RECORDS FOR THE TASK:
========================================================================

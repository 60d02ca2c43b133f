-- ===== src/Exchange/OrderBook/Sweep/Total.antt =====
-- exchange/matcher/me_order_book.cpp, checkForMatch() against the sweep of the other side's orders.
use zquant_system.Prelude.{
  ℕ, ◌%◌, ◌^◌, ◌≡◌, ◌≢◌, refl, true, false, List, [], ◌∷◌, ◌++◌, arith, concat_map,
}
use zquant_system.Prelude.Int.{ltb_ℤ}
use zquant_system.Common.Types.{TickerId, ClientId, OrderId, Price, Qty, Side}
use zquant_system.Common.Fault.{
  Result, Outcome, IsFault, NoFault, out_of_fuel, returns, stops, holds, bind,
}
use zquant_system.Book.{Book}
use zquant_system.Book.Ring.{has, IsDistinct, has-append}
use zquant_system.Book.Ladder.Sorted.{is_traded}
use zquant_system.Book.View.{View, Represents, ladder, orders}
use zquant_system.Book.View.Requeue.{apart}
use zquant_system.Book.View.Flatten.{has-concat_map_none}
use zquant_system.Exchange.OrderBook.{MeOrderBook, check_for_match}
use zquant_system.Exchange.OrderBook.Matching.{check_for_match-buy, check_for_match-sell}
use zquant_system.Exchange.OrderBook.PriceTime.{IsFiled}
use zquant_system.Exchange.OrderBook.Sweep.Loop.{SweptBook, match_loop-SweptBook}

IsDistinct-join :
    (xs ys : List ℕ)
    → IsDistinct xs
    → IsDistinct ys
    → ((z : ℕ) → has z xs ≡ true → has z ys ≡ false)
    → IsDistinct (xs ++ ys)
IsDistinct-join [] ys d e h = e
IsDistinct-join (x ∷ xs) ys (out, d) e h =
    (ground (arith, has-append x xs ys, h x), IsDistinct-join xs ys d e (λ z m. h z (ground arith)))

IsDistinct-concat_map :
    (queue : ℕ → List ℕ) (ls : List ℕ)
    → IsDistinct ls
    → ((l : ℕ) → has l ls ≡ true → IsDistinct (queue l))
    → ((l k z : ℕ)
        → has l ls ≡ true
        → has k ls ≡ true
        → k ≢ l
        → has z (queue l) ≡ true
        → has z (queue k) ≡ false)
    → IsDistinct (concat_map queue ls)
IsDistinct-concat_map queue [] d e h = tt
IsDistinct-concat_map queue (l ∷ ls) (out, d) e h =
    IsDistinct-join (queue l) (concat_map queue ls) (e l (ground arith))
      (IsDistinct-concat_map queue ls d (λ k m. e k (ground arith))
        (λ k j z m n. h k j z (ground arith) (ground arith)))
      (λ z m.
        has-concat_map_none queue z ls
          (λ k n. h l k z (ground arith) (ground arith) (λ e. ground arith) m))

module _ {K I : Type 0} where
  orders-IsDistinct :
      (b : Book K I) (v : View) (side : Side)
      → Represents b v
      → is_traded side ≡ true
      → IsDistinct (orders side v)
  orders-IsDistinct b v side r t =
      IsDistinct-concat_map v.queue (ladder side v) (r.ladders side t).distinct
        (λ l m. (r.levels side t l m).orders.distinct)
        (λ l k z m n ne i. apart b v r side side l k z t t m n ne i)

-- A fault that is out of fuel and is not is none.
in_time :
    {S A : Type 0} {P Q : A → S → Type 0} {r : Result (A × S)}
    → Outcome (λ e. e ≡ out_of_fuel) P r
    → Outcome IsFault Q r
    → Outcome NoFault P r
in_time (returns p) q = returns p
in_time (stops e) q = absurd (holds q e)

module _ (client_id : ClientId) (client_order_id : OrderId) (ticker_id : TickerId) (price : Price)
    (qty : Qty) (new_market_order_id : OrderId) (s : MeOrderBook) (v : View) where
  -- On a book that stands for lists of orders, where the asks' ids are in the range of the map,
  -- matching a new buy order meets no fault. It does what the sweep of the asks in price-time order
  -- does: it reports the same executions in the same order and leaves the same quantity, and the book
  -- then stands for the asks that the sweep leaves and for the bids as they were.
  pub check_for_match-buy-sweep :
      Represents s.book v
      → ((p : ℕ) → has p (orders Side.sell v) ≡ true → IsFiled s.book p)
      → Outcome NoFault
          (λ left t.
            SweptBook ticker_id client_id Side.buy client_order_id
              (new_market_order_id % 2 ^ 32)
              Side.sell
              (λ p. ltb_ℤ price p)
              s
              v
              (orders Side.sell v)
              qty
              left
              t)
          (check_for_match client_id client_order_id ticker_id Side.buy price qty
            new_market_order_id s)
  unfolding check_for_match
  check_for_match-buy-sweep r filed =
      in_time
        (bind
          (match_loop-SweptBook ticker_id client_id Side.buy client_order_id
            (new_market_order_id % 2 ^ 32) Side.sell (λ p. ltb_ℤ price p) (λ b. b.asks_by_price)
            (λ b. refl) refl _ qty s v (orders Side.sell v) r refl
            (orders-IsDistinct s.book v Side.sell r refl) filed)
          (λ left t k. returns k))
        (check_for_match-buy client_id client_order_id ticker_id price qty new_market_order_id s)

  -- The same for a new sell order and the bids.
  pub check_for_match-sell-sweep :
      Represents s.book v
      → ((p : ℕ) → has p (orders Side.buy v) ≡ true → IsFiled s.book p)
      → Outcome NoFault
          (λ left t.
            SweptBook ticker_id client_id Side.sell client_order_id
              (new_market_order_id % 2 ^ 32)
              Side.buy
              (λ p. ltb_ℤ p price)
              s
              v
              (orders Side.buy v)
              qty
              left
              t)
          (check_for_match client_id client_order_id ticker_id Side.sell price qty
            new_market_order_id s)
  unfolding check_for_match
  check_for_match-sell-sweep r filed =
      in_time
        (match_loop-SweptBook ticker_id client_id Side.sell client_order_id
          (new_market_order_id % 2 ^ 32) Side.buy (λ p. ltb_ℤ p price) (λ b. b.bids_by_price)
          (λ b. refl) refl _ qty s v (orders Side.buy v) r refl
          (orders-IsDistinct s.book v Side.buy r refl) filed)
        (check_for_match-sell client_id client_order_id ticker_id price qty new_market_order_id s)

========================================================================

WHAT YOU NEED TO DO:
Your task is to list each line of the records with the word "ClientId".

TASK OUTPUT:
use zquant_system.Common.Types.{TickerId, ClientId, OrderId, Price, Qty, Side}
module _ (client_id : ClientId) (client_order_id : OrderId) (ticker_id : TickerId) (price : Price)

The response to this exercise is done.